Implemented by the inbox class.

The indexer can possibly speed up indexing by using diff on similarly named files.

The indexer should keep track of sha1 sums and produce a list of duplicates in a special file.

stay on one filesystem!!! (/proc/mounts look up mount, or python os.path.ismount())
recognise symbolic links!

Committing switches the active inbox to ro, compose todo list. (keep list of open files!)

Merger

implemented by the volume class.

keep attributes, mtime when copying/moving files!!!
update snapshot's index at once.

Conflicts:

file has been modified on A and B. (resolve: most recent?)
file has been modified on A before it was deleted on B

This is complicated by the fact that file moves are recognised.

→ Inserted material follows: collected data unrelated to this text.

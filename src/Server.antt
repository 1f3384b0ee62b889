-- ===== src/Server.antt =====
-- pkg/server: the middleware and the services of the control server.
pub mod Http
pub mod Routes
pub mod Static
pub mod Middleware
pub mod Services
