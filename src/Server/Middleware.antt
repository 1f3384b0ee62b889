-- ===== src/Server/Middleware.antt =====
-- pkg/server/middleware: who may call the server.
pub mod Node
pub mod Jwt
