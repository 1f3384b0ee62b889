-- ===== src/Server/Middleware/Jwt/Bearer.antt =====
-- Which requests to the dashboard pass, given what the JWT library documents.
use wireguard_babeld_igp.Base.{
  String, Bool, true, false, Option, none, some, ◌≡◌, refl, ◌≤◌, ◌<◌, ◌+◌, ◌%◌, arith, ◌=?◌,
  string_key, sym,
}
use wireguard_babeld_igp.Base.Int.{ℤ}
use wireguard_babeld_igp.Data.Text.{split_space}
use wireguard_babeld_igp.Errors.{Result, ok, err, Error, message}
use wireguard_babeld_igp.Types.{Time}
use wireguard_babeld_igp.Store.Memory.Tasks.{day}
use wireguard_babeld_igp.Server.Http.{next, abort}
use wireguard_babeld_igp.Server.Middleware.Jwt.{
  Claims, Method, hmac, JwtLibrary, generate_token, jwt_auth, check_parts, check_valid, key_for,
  numeric_date, other,
}

abbrev pub second : Time
second = 1_000_000_000

-- A token that was signed under a key parses under it until it expires, and not from then on, if its
-- times are whole seconds, as the text of a token has them.
pub record IsJwt (jwt : JwtLibrary) : Type 0 where
  pub before :
      (claims : Claims) (key token : String) (now : Time) (keys : Method → Result String)
      → jwt.signed_string claims key ≡ ok token
      → claims.expires_at % second ≡ 0
      → claims.issued_at % second ≡ 0
      → keys hmac ≡ ok key
      → now < claims.expires_at
      → jwt.parse_with_claims now token keys ≡ ok (claims, true)
  pub after :
      (claims : Claims) (key token : String) (now : Time) (keys : Method → Result String)
      → jwt.signed_string claims key ≡ ok token
      → claims.expires_at % second ≡ 0
      → keys hmac ≡ ok key
      → claims.expires_at ≤ now
      → (e : Error) × (jwt.parse_with_claims now token keys ≡ err e)

-- A text is found valid only under the key that the key function gives for the method that the text
-- names. `valid now token method key claims` says that the text names this method, that its signature
-- is right under the key, and that it has these claims, which are valid at the time.
abbrev pub IsKeyed : JwtLibrary → (Time → String → Method → String → Claims → Bool) → Type 0
IsKeyed jwt valid =
    (now : Time) (token : String) (keys : Method → Result String) (claims : Claims)
    → jwt.parse_with_claims now token keys ≡ ok (claims, true)
    → (m : Method) × (key : String) × (keys m ≡ ok key) × (valid now token m key claims ≡ true)

-- The key function gives the secret, and for HMAC methods alone.
key_for_sound :
    (secret key : String) (m : Method) → key_for secret m ≡ ok key → (m ≡ hmac) × (secret ≡ key)
unfolding key_for
key_for_sound secret key hmac e = (refl, cc)
key_for_sound secret key other e = cc

numeric_date_whole : (t : Time) → numeric_date t % second ≡ 0
unfolding numeric_date
numeric_date_whole t = omega arith

numeric_date_near : (t : Time) → (numeric_date t ≤ t) × (t < numeric_date t + second)
unfolding numeric_date
numeric_date_near t = (omega arith, omega arith)

split_space_empty : split_space "" ≡ none
unfolding split_space
split_space_empty = refl

module _ (jwt : JwtLibrary) (secret : String) where
  check_valid_sound :
      (r : Result (Claims × Bool)) (id : ℤ) (username : String)
      → check_valid jwt secret r ≡ next (id, username)
      → (claims : Claims) × (r ≡ ok (claims, true))
        × (claims.user_id ≡ id)
        × (claims.username ≡ username)
  unfolding check_valid
  check_valid_sound (err e) id username h = cc
  check_valid_sound (ok (claims, true)) id username h = (claims, refl, ground arith, ground arith)
  check_valid_sound (ok (claims, false)) id username h = cc

  check_parts_sound :
      (now : Time) (parts : Option (String × String)) (id : ℤ) (username : String)
      → check_parts jwt secret now parts ≡ next (id, username)
      → (token : String) × (claims : Claims) × (parts ≡ some ("Bearer", token))
        × (jwt.parse_with_claims now token (key_for secret) ≡ ok (claims, true))
        × (claims.user_id ≡ id)
        × (claims.username ≡ username)
  unfolding check_parts
  check_parts_sound now none id username h = cc
  check_parts_sound now (some (scheme, token)) id username h = elim (scheme =? "Bearer") [
    | yes e ↦
        let (claims, f, g, k) =
          check_valid_sound (jwt.parse_with_claims now token (key_for secret)) id username
            (ground arith) in
        (token, claims, ground arith, f, g, k)
    | no n ↦ absurd (ground arith)
  ]

  jwt_auth_parsed :
      (now : Time) (header : String) (id : ℤ) (username : String)
      → jwt_auth jwt secret now header ≡ next (id, username)
      → (token : String) × (claims : Claims) × (split_space header ≡ some ("Bearer", token))
        × (jwt.parse_with_claims now token (key_for secret) ≡ ok (claims, true))
        × (claims.user_id ≡ id)
        × (claims.username ≡ username)
  unfolding jwt_auth
  jwt_auth_parsed now header id username h = elim (header =? "") [
    | yes e ↦ absurd (ground arith)
    | no n ↦ check_parts_sound now (split_space header) id username (ground arith)
  ]

  -- Where the library finds a text valid only under the key that it is given for the text's method: a
  -- request that passes carries behind "Bearer" a text that names an HMAC method and is signed under
  -- the server's secret, with claims that are valid at the time, and acts for the user of these claims.
  pub jwt_auth_sound :
      (valid : Time → String → Method → String → Claims → Bool)
      → IsKeyed jwt valid
      → (now : Time) (header : String) (id : ℤ) (username : String)
      → jwt_auth jwt secret now header ≡ next (id, username)
      → (token : String) × (claims : Claims) × (split_space header ≡ some ("Bearer", token))
        × (valid now token hmac secret claims ≡ true)
        × (claims.user_id ≡ id)
        × (claims.username ≡ username)
  jwt_auth_sound valid keyed now header id username h =
      let (token, claims, e, parsed, f, g) = jwt_auth_parsed now header id username h in
      let (m, key, k, v) = keyed now token (key_for secret) claims parsed in
      let (is_hmac, same) = key_for_sound secret key m k in
      (token, claims, e, (rw (is_hmac, sym same) at v), f, g)

  jwt_auth_bearer :
      (now : Time) (header token : String)
      → split_space header ≡ some ("Bearer", token)
      → jwt_auth jwt secret now header
        ≡ check_valid jwt secret (jwt.parse_with_claims now token (key_for secret))
  unfolding jwt_auth check_parts
  jwt_auth_bearer now header token e = elim (header =? "") [
    | yes f ↦ absurd (ground (arith, split_space_empty))
    | no n ↦ ground arith
  ]

  module _ (lib : IsJwt jwt) (now later : Time) (id : ℤ) (username token header : String)
      (made : generate_token jwt secret now later id username ≡ ok token)
      (sent : split_space header ≡ some ("Bearer", token)) where
    passes_before :
        (t : Time)
        → t < numeric_date (now + day)
        → jwt_auth jwt secret t header ≡ next (id, username)
    unfolding generate_token key_for check_valid
    passes_before t h = rw (
      jwt_auth_bearer t header token sent,
      lib.before _ secret token t (key_for secret) made (numeric_date_whole (now + day))
          (numeric_date_whole later) refl h,
      check_valid,
    )

    refused_after :
        (t : Time)
        → numeric_date (now + day) ≤ t
        → jwt_auth jwt secret t header ≡ abort 401 (message "Invalid or expired token")
    unfolding generate_token key_for check_valid
    refused_after t h =
        let (e, f) =
          lib.after _ secret token t (key_for secret) made (numeric_date_whole (now + day)) refl
            h in
        rw (jwt_auth_bearer t header token sent, f, check_valid)

    -- A token of GenerateToken passes for its user until a second before a day has gone by since it
    -- was made, and is refused once the day has gone by. Its expiry is cut to whole seconds, so that
    -- within the last second either may be the case.
    pub jwt_auth-generate_token :
        (t : Time)
        → (t + second ≤ now + day → jwt_auth jwt secret t header ≡ next (id, username))
          × (now + day ≤ t
              → jwt_auth jwt secret t header ≡ abort 401 (message "Invalid or expired token"))
    jwt_auth-generate_token t =
        let (lower, upper) = numeric_date_near (now + day) in
        (
          λ h. passes_before t (omega (arith, h, upper)),
          λ h. refused_after t (omega (arith, h, lower)),
        )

-> should really proof of concept this...

Direct access volume

In this case, the store can be directly manipulated by other computers and the user (using the Rockbox file manager).

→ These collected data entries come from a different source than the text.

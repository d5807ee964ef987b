-- ===== src/Autogen/Libc/Laws.antt =====
-- The stub functions of `gen_libc_stubs` that leave a row out.
use wali_lib.Base.{Str, lit, Bool, true, List, [], ◌∷◌, ◌≡◌, sym, ap, ok, ok-injective, returned}
use wali_lib.Text.{join}
use wali_lib.Autogen.Types.{Types}
use wali_lib.Autogen.Args.{Row, ptr_anonymize, rustify_args}
use wali_lib.Autogen.Stubs.{truthy}
use wali_lib.Autogen.Libc.{def_stub, case_stub, rust_def_stub, rust_match_stub}

-- The rows that have a count of arguments.
abbrev pub is_counted : Row → Bool
is_counted row = truthy row.nargs

module _ (types : Types) where
  pub truthy-def_stub :
      (nr nargs name fn_name : Str) (args : List Str) (s : Str)
      → def_stub types nr nargs name fn_name args ≡ ok s
      → truthy s ≡ true
  unfolding def_stub lit
  truthy-def_stub nr nargs name fn_name args s h =
      let (tys, ht, e) = returned (ptr_anonymize types args) _ h in ap truthy (sym (ok-injective e))

  pub truthy-case_stub :
      (nr nargs name fn_name : Str) (args : List Str) (s : Str)
      → case_stub types nr nargs name fn_name args ≡ ok s
      → truthy s ≡ truthy nargs
  unfolding case_stub lit
  truthy-case_stub nr [] name fn_name args s h = ap truthy (sym (ok-injective h))
  truthy-case_stub nr (_ ∷ _) name fn_name args s h =
      let (tys, ht, e) = returned (ptr_anonymize types args) _ h in ap truthy (sym (ok-injective e))

  pub truthy-rust_def_stub :
      (nr nargs name fn_name : Str) (args : List Str) (s : Str)
      → rust_def_stub types nr nargs name fn_name args ≡ ok s
      → truthy s ≡ truthy nargs
  unfolding rust_def_stub lit join
  truthy-rust_def_stub nr [] name fn_name args s h = ap truthy (sym (ok-injective h))
  truthy-rust_def_stub nr (_ ∷ _) name fn_name args s h =
      let (tys, ht, e) = returned (rustify_args types args) _ h in ap truthy (sym (ok-injective e))

  pub truthy-rust_match_stub :
      (nr nargs name fn_name : Str) (args : List Str) (s : Str)
      → rust_match_stub types nr nargs name fn_name args ≡ ok s
      → truthy s ≡ true
  unfolding rust_match_stub lit
  truthy-rust_match_stub nr [] name fn_name args s h = ap truthy (sym (ok-injective h))
  truthy-rust_match_stub nr (_ ∷ _) name fn_name args s h = ap truthy (sym (ok-injective h))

A technique has to be devised to track volume manipulations in an efficient manner, we could do SHA1 hashes of each file on every sync, but this takes a lot of time.

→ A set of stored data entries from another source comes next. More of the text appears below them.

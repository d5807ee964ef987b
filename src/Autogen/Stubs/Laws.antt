-- ===== src/Autogen/Stubs/Laws.antt =====
-- `syscall_iter` gives the stubs of the rows, in their order, but for the empty ones, and `gen_and_write` changes
-- its own file, or nothing where a row raises.
use wali_lib.Base.{
  Error, str_eq, Str, lit, Bool, true, false, List, [], ◌∷◌, ◌++◌, ◌≡◌, refl, sym, ◌∙◌, subst, keep,
  ok, err, traverse, ok-injective, returned, Bool-cases, inl, inr,
}
use wali_lib.Base.Dict.{insert}
use wali_lib.Base.Files.{Files}
use wali_lib.Text.{join}
use wali_lib.Autogen.Types.{Types}
use wali_lib.Autogen.Args.{Row, get_scargs, fn_name_of}
use wali_lib.Autogen.Stubs.{Stub, truthy, row_stub, syscall_iter, gen_and_write}

-- The stubs of the rows that a test takes, one for each and in the order of the table: what the stub
-- function gives for the row and its resolved arguments.
pub data StubsOf (types : Types) (stub : Stub) (takes : Row → Bool)
    : List Row → List Str → Type 0 where
  no_rows : StubsOf types stub takes [] []
  left_out :
      (row : Row) (rows : List Row) (buf : List Str)
      → takes row ≡ false
      → StubsOf types stub takes rows buf
      → StubsOf types stub takes (row ∷ rows) buf
  taken :
      (row : Row) (rows : List Row) (args : List Str) (s : Str) (buf : List Str)
      → takes row ≡ true
      → get_scargs types row true ≡ ok args
      → stub row.nr row.nargs row.syscall (fn_name_of row) args ≡ ok s
      → StubsOf types stub takes rows buf
      → StubsOf types stub takes (row ∷ rows) (s ∷ buf)

keep-nil : keep truthy [] ≡ []
unfolding keep
keep-nil = refl

keep-truthy :
    (s : Str) (buf : List Str) → truthy s ≡ true → keep truthy (s ∷ buf) ≡ s ∷ keep truthy buf
unfolding keep
keep-truthy s buf h = rw h refl

keep-falsy : (s : Str) (buf : List Str) → truthy s ≡ false → keep truthy (s ∷ buf) ≡ keep truthy buf
unfolding keep
keep-falsy s buf h = rw h refl

module _ (types : Types) (stub : Stub) where
  -- The stub of a row is its stub function's on some arguments.
  pub row_stub-args :
      (row : Row) (s : Str)
      → row_stub types stub row ≡ ok s
      → (args : List Str) × (get_scargs types row true ≡ ok args)
        × (stub row.nr row.nargs row.syscall (fn_name_of row) args ≡ ok s)
  unfolding row_stub
  row_stub-args row s h = returned (get_scargs types row true) _ h

  -- A stub function whose stub is empty exactly on the rows that the test leaves out.
  abbrev pub Takes : (Row → Bool) → Type 0
  Takes takes =
      (row : Row) (args : List Str) (s : Str)
      → stub row.nr row.nargs row.syscall (fn_name_of row) args ≡ ok s
      → truthy s ≡ takes row

  keep-StubsOf :
      (takes : Row → Bool) (rows : List Row) (all : List Str)
      → Takes takes
      → traverse (row_stub types stub) rows ≡ ok all
      → StubsOf types stub takes rows (keep truthy all)
  unfolding traverse
  keep-StubsOf takes [] all kept h =
      subst (λ b. StubsOf types stub takes [] (keep truthy b)) (ok-injective h)
        (rw keep-nil no_rows)
  keep-StubsOf takes (row ∷ rows) all kept h =
      let (s, hs, h₁) = returned (row_stub types stub row) _ h in
      let (rest, hr, h₂) = returned (traverse (row_stub types stub) rows) _ h₁ in
      let (args, ha, made) = row_stub-args row s hs in
      let stubs = keep-StubsOf takes rows rest kept hr in
      let same = kept row args s made in
      subst (λ b. StubsOf types stub takes (row ∷ rows) (keep truthy b)) (ok-injective h₂)
        (elim (Bool-cases (truthy s)) [
          | inl full ↦
              rw (keep-truthy s rest full)
                (taken row rows args s (keep truthy rest) (sym same ∙ full) ha made stubs)
          | inr empty ↦
              rw (keep-falsy s rest empty)
                (left_out row rows (keep truthy rest) (sym same ∙ empty) stubs)
        ])

  -- The stubs are those of the rows that have one.
  pub syscall_iter-StubsOf :
      (takes : Row → Bool) (rows : List Row) (buf : List Str)
      → Takes takes
      → syscall_iter types rows stub ≡ ok buf
      → StubsOf types stub takes rows buf
  unfolding syscall_iter
  syscall_iter-StubsOf takes rows buf kept h =
      let (all, ha, h') = returned (traverse (row_stub types stub) rows) _ h in
      subst (StubsOf types stub takes rows) (ok-injective h') (keep-StubsOf takes rows all kept ha)

  -- The file after the stubs are written.
  abbrev pub content : Str → Str → List Str → Str
  content prelude postlude buf = prelude ++ (join (lit "\n") buf ++ postlude)

  module _ (rows : List Row) (path prelude postlude : Str) (files : Files) where
    pub gen_and_write-ok :
        (buf : List Str)
        → syscall_iter types rows stub ≡ ok buf
        → gen_and_write types stub rows path prelude postlude files
          ≡ (ok tt, insert path (content prelude postlude buf) files)
    unfolding gen_and_write
    gen_and_write-ok buf h = rw h

    pub gen_and_write-err :
        {e : Error}
        → syscall_iter types rows stub ≡ err e
        → gen_and_write types stub rows path prelude postlude files ≡ (err e, files)
    unfolding gen_and_write
    gen_and_write-err h = rw h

Therefore I suggest we consider the volume 'dirty'. When changes are to be applied to the volume we can use superficial scans on mtimes and existence of files. If the volume is to be used as a datasource by another ltr volume however, checksums must be matched for each file that is used.

The ltr command has to work in such a volume (e.g.; the presence of .ltrbin has to be checked in parent dirs.

When a direct access volume is found, it can be watched with Linux inotify, and a log can be kept of file operations. Care should be taken to exclude file operations by a ltr process (e.g.: sync-up with peer volume).

Suggested directory structure (incomplete):

ipod mountpoint
|
`---(other files)
|
`---audio/
|   |   (volume contents)
|   `-- .ltrbin/
|       `-- HEAD:
|       `-- tracks/
|       `-- manifest::
|       |   (which files were present)
|       `-- meta/
|           (tree with sha1+size files)

Ideas

Email

IMAP mail servers use maildirs to store email. Each mail is saved as a plain text file. This got me thinking. Instead of using IMAP, I could just store my mail (in maildirs) on a separate litter volume, like this setup:

litter to synchronize email between computers
getmail to fetch new mail
msmtp + ssh tunnel to send mail
mutt and Balsa as email clients.

It is still possible to use your mail from any IMAP aware (hand-held possibly) application if you set up an IMAP service on a server and have it operate on a litter volume.

Nautilus shell extension

Write it in python. Use existing vcs extensions, like tortoisehg-dev/contrib/nautilus-thg.py as a starting point.

Features:

emblems for local/non-local/queued files
shell shortcuts to mark files fetch/abandon

LitterHub

Central volume repository (doesn't have to keep any file contents though). On a server, set up an account using jailkit, put only sftp-server in it and make a .ssh/authorized_keys file with your private keys on the hosts you like. Use sshfs or sftp to access it.